©2003 Teresa Kellerman
Where did this term originate?
The idea of the alcohol affected person's need for an external forebrain was first voiced by Dr. Sterling Clarren, one of the pioneers in the field of FASD research in Seattle, Washington. The term "external brain" has been paraphrased and used by many presenters. The first time I heard it was during a conference on FAS in 2000 by Susan Doctor (now Dr. Doctor, from Reno, Nevada). Susan Doctor shared the wisdom she had gleaned from having Dr. Clarren as a mentor while pursuing her doctorate. Notes from her presentation on Modifying the Environment can be found here and notes on her presentation on Intervention can be found here. The Susan Doctor/Sterling Clarren quote I use often is "The person with FAS will always need an external brain - key words are 'always' and 'external'."
What is the rationale behind the claim that the person with FAS or FAE will always need an external brain?

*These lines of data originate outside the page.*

-- ===== src/Queries/Extrinsics/Paged.antt =====
-- src/data/indexed/queries/extrinsics.rs: the page that is cut from the rows with the probe for one more.
use allfeat_explorer.Common.{
  ℕ, suc, ◌^◌, ◌<◌, ◌≡◌, refl, sym, ap, ◌∙◌, Bool, true, false, none, some, List, map, Bytes, arith,
  ltb, take, length, All,
}
use allfeat_explorer.Common.Integers.{
  ℤ, pos, as_i32, as_i32-pos, as_i64, as_i64-pos, at_least_zero, eq_int, lt_int, lt_row,
}
use allfeat_explorer.Common.Keeping.{take-map, All-map, All-each, All-take, map-map, length-map}
use allfeat_explorer.Common.Members.{DistinctBy, DistinctBy-under}
use allfeat_explorer.Common.Maps.{pair_lt}
use allfeat_explorer.Domain.{Extrinsic}
use allfeat_explorer.Cursor.Extrinsic.{to_string}
use allfeat_explorer.Queries.Keyset.{
  last, last-map, truncate, has_more, truncate-probe, has_more-probe, IsDescending,
  IsDescending-take, IsDescending-DistinctBy,
}
use allfeat_explorer.Queries.Pager.{IsPageOf}
use allfeat_explorer.Queries.Events.{EventRow, IsPhased}
use allfeat_explorer.Queries.Events.Hydrate.{hydrate_events-own, IsBare, pair_of, with_own_events}
use allfeat_explorer.Queries.Extrinsics.{
  ExtrinsicRow, Codec, row_to_extrinsic, below_upper, cursor_of, next_cursor, page_of, hydrated,
}
use allfeat_explorer.Queries.Extrinsics.Shown.{shown}

abbrev pub position : ExtrinsicRow → ℕ × ℕ
position row = (at_least_zero row.block_num, at_least_zero row.idx)

abbrev pub position_text : ℕ × ℕ → Bytes
position_text k = to_string (record { block = k.0; index = k.1 })

-- A position that the casts of the query keep.
pub record InRange (k : ℕ × ℕ) : Type 0 where
  pub block : k.0 < 2 ^ 63
  pub index : k.1 < 2 ^ 31

-- A row whose block and index are not negative, within what the casts keep.
pub record IsPlaced (row : ExtrinsicRow) : Type 0 where
  pub block : row.block_num ≡ pos (at_least_zero row.block_num)
  pub index : row.idx ≡ pos (at_least_zero row.idx)
  pub range : InRange (position row)

pub lt_row-pos :
    (a b c d : ℤ) {i j k l : ℕ}
    → a ≡ pos i
    → b ≡ pos j
    → c ≡ pos k
    → d ≡ pos l
    → lt_row a b c d ≡ pair_lt (i, j) (k, l)
unfolding lt_row lt_int eq_int
lt_row-pos a b c d p q r s = rw (p, q, r, s) refl

-- The bound of a position in range keeps exactly the rows before it.
pub below_upper-lt :
    (k : ℕ × ℕ) (row : ExtrinsicRow)
    → InRange k
    → IsPlaced row
    → below_upper (some k) row ≡ pair_lt (position row) k
unfolding below_upper
below_upper-lt k row r p =
    lt_row-pos row.block_num row.idx (as_i64 k.0) (as_i32 k.1) p.block p.index
      (as_i64-pos k.0 r.block) (as_i32-pos k.1 r.index)

module _ (codec : Codec) (ss58_prefix : ℕ) where
  bare : (row : ExtrinsicRow) → IsPlaced row → IsBare (row_to_extrinsic codec ss58_prefix row)
  unfolding row_to_extrinsic
  bare row p = record { no_events = refl; block_fits = p.range.block; index_fits = p.range.index }

  distinct :
      (rows : List ExtrinsicRow)
      → IsDescending position pair_lt rows
      → DistinctBy (λ row. pair_of (row_to_extrinsic codec ss58_prefix row)) rows
  unfolding row_to_extrinsic
  distinct rows d = IsDescending-DistinctBy position pair_lt (λ k. ground arith) rows d

  module _ (events : List EventRow) (phased : All IsPhased events) where
    -- The rows of a page are read with the events of their own.
    pub hydrated-shown :
        (rows : List ExtrinsicRow)
        → All IsPlaced rows
        → IsDescending position pair_lt rows
        → hydrated codec ss58_prefix events (map (row_to_extrinsic codec ss58_prefix) rows)
          ≡ map (shown codec ss58_prefix events) rows
    hydrated-shown rows r d =
        hydrate_events-own codec.decode_event_fields events
          (map (row_to_extrinsic codec ss58_prefix) rows) phased
          (All-map IsBare (row_to_extrinsic codec ss58_prefix) rows (All-each rows bare r))
          (DistinctBy-under (row_to_extrinsic codec ss58_prefix) pair_of rows (distinct rows d))
        ∙ map-map (with_own_events codec.decode_event_fields events)
            (row_to_extrinsic codec ss58_prefix) rows

    module _ (count : ℕ) (ys : List ExtrinsicRow) (placed : All IsPlaced ys)
        (descending : IsDescending position pair_lt ys) where
      abbrev pub read : List Extrinsic
      read = map (row_to_extrinsic codec ss58_prefix) (take (suc count) ys)

      pub read-items :
          hydrated codec ss58_prefix events (truncate count read)
          ≡ map (shown codec ss58_prefix events) (take count ys)
      read-items =
          ap (λ xs. hydrated codec ss58_prefix events (truncate count xs))
            (sym (take-map (suc count) (row_to_extrinsic codec ss58_prefix) ys))
          ∙ ap (hydrated codec ss58_prefix events) (
              truncate-probe count (map (row_to_extrinsic codec ss58_prefix) ys)
              ∙ take-map count (row_to_extrinsic codec ss58_prefix) ys)
          ∙ hydrated-shown (take count ys) (All-take IsPlaced count ys placed)
              (IsDescending-take position pair_lt count ys descending)

      pub read-more : has_more count read ≡ ltb count (length ys)
      read-more =
          ap (has_more count) (sym (take-map (suc count) (row_to_extrinsic codec ss58_prefix) ys))
          ∙ has_more-probe count (map (row_to_extrinsic codec ss58_prefix) ys)
          ∙ ap (ltb count) (length-map (row_to_extrinsic codec ss58_prefix) ys)

      next-none : (xs : List Extrinsic) (more : Bool) → more ≡ false → next_cursor more xs ≡ none
      unfolding next_cursor
      next-none xs more h = rw (h) refl

      next-last :
          (xs : List Extrinsic) (more : Bool) (x : Extrinsic)
          → more ≡ true
          → last xs ≡ some x
          → next_cursor more xs ≡ some (cursor_of x)
      unfolding next_cursor
      next-last xs more x h l = rw (h, l) refl

      pub page-IsPageOf :
          IsPageOf position position_text
            (shown codec ss58_prefix events)
            count
            ys
            (page_of codec ss58_prefix events count (take (suc count) ys))
      unfolding page_of row_to_extrinsic
      page-IsPageOf = record {
        items = read-items;
        ends = λ h.
            next-none (hydrated codec ss58_prefix events (truncate count read))
              (has_more count read) (read-more ∙ h);
        goes_on = λ r h l.
            next-last (hydrated codec ss58_prefix events (truncate count read))
              (has_more count read) (shown codec ss58_prefix events r) (read-more ∙ h)
              (ap last read-items ∙ last-map (shown codec ss58_prefix events) (take count ys) l);
      }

The person who has impaired vision is given a seeing eye dog. The person with impaired hearing is given an interpreter or a hearing aid. The person who has cerebral palsy or muscular dystrophy is given braces or a wheelchair. These external devices are necessary for the person with physical impairments to be able to function to maximum potential in life. The person with FAS or FAE - collectively called FASD or Fetal Alcohol Spectrum Disorders - has a physical impairment in the area of the brain, especially the forebrain or frontal lobes, which regulate the executive functions. Read about the forebrain here. See the article about FASD and the Brain here.
We would never blame a person who is sight impaired if he were to bump into a table and knock over a vase. We would never blame a person who is hearing impaired if she didn't follow instructions she could not hear. We would never judge a person who could not walk for choosing not to participate in a foot race. Instead we would advocate for these persons to receive the assistive devices needed for them to participate in life in as normal a capacity as reasonably possible.
FAS and FAE are physical disabilities, brain damage from prenatal alcohol exposure.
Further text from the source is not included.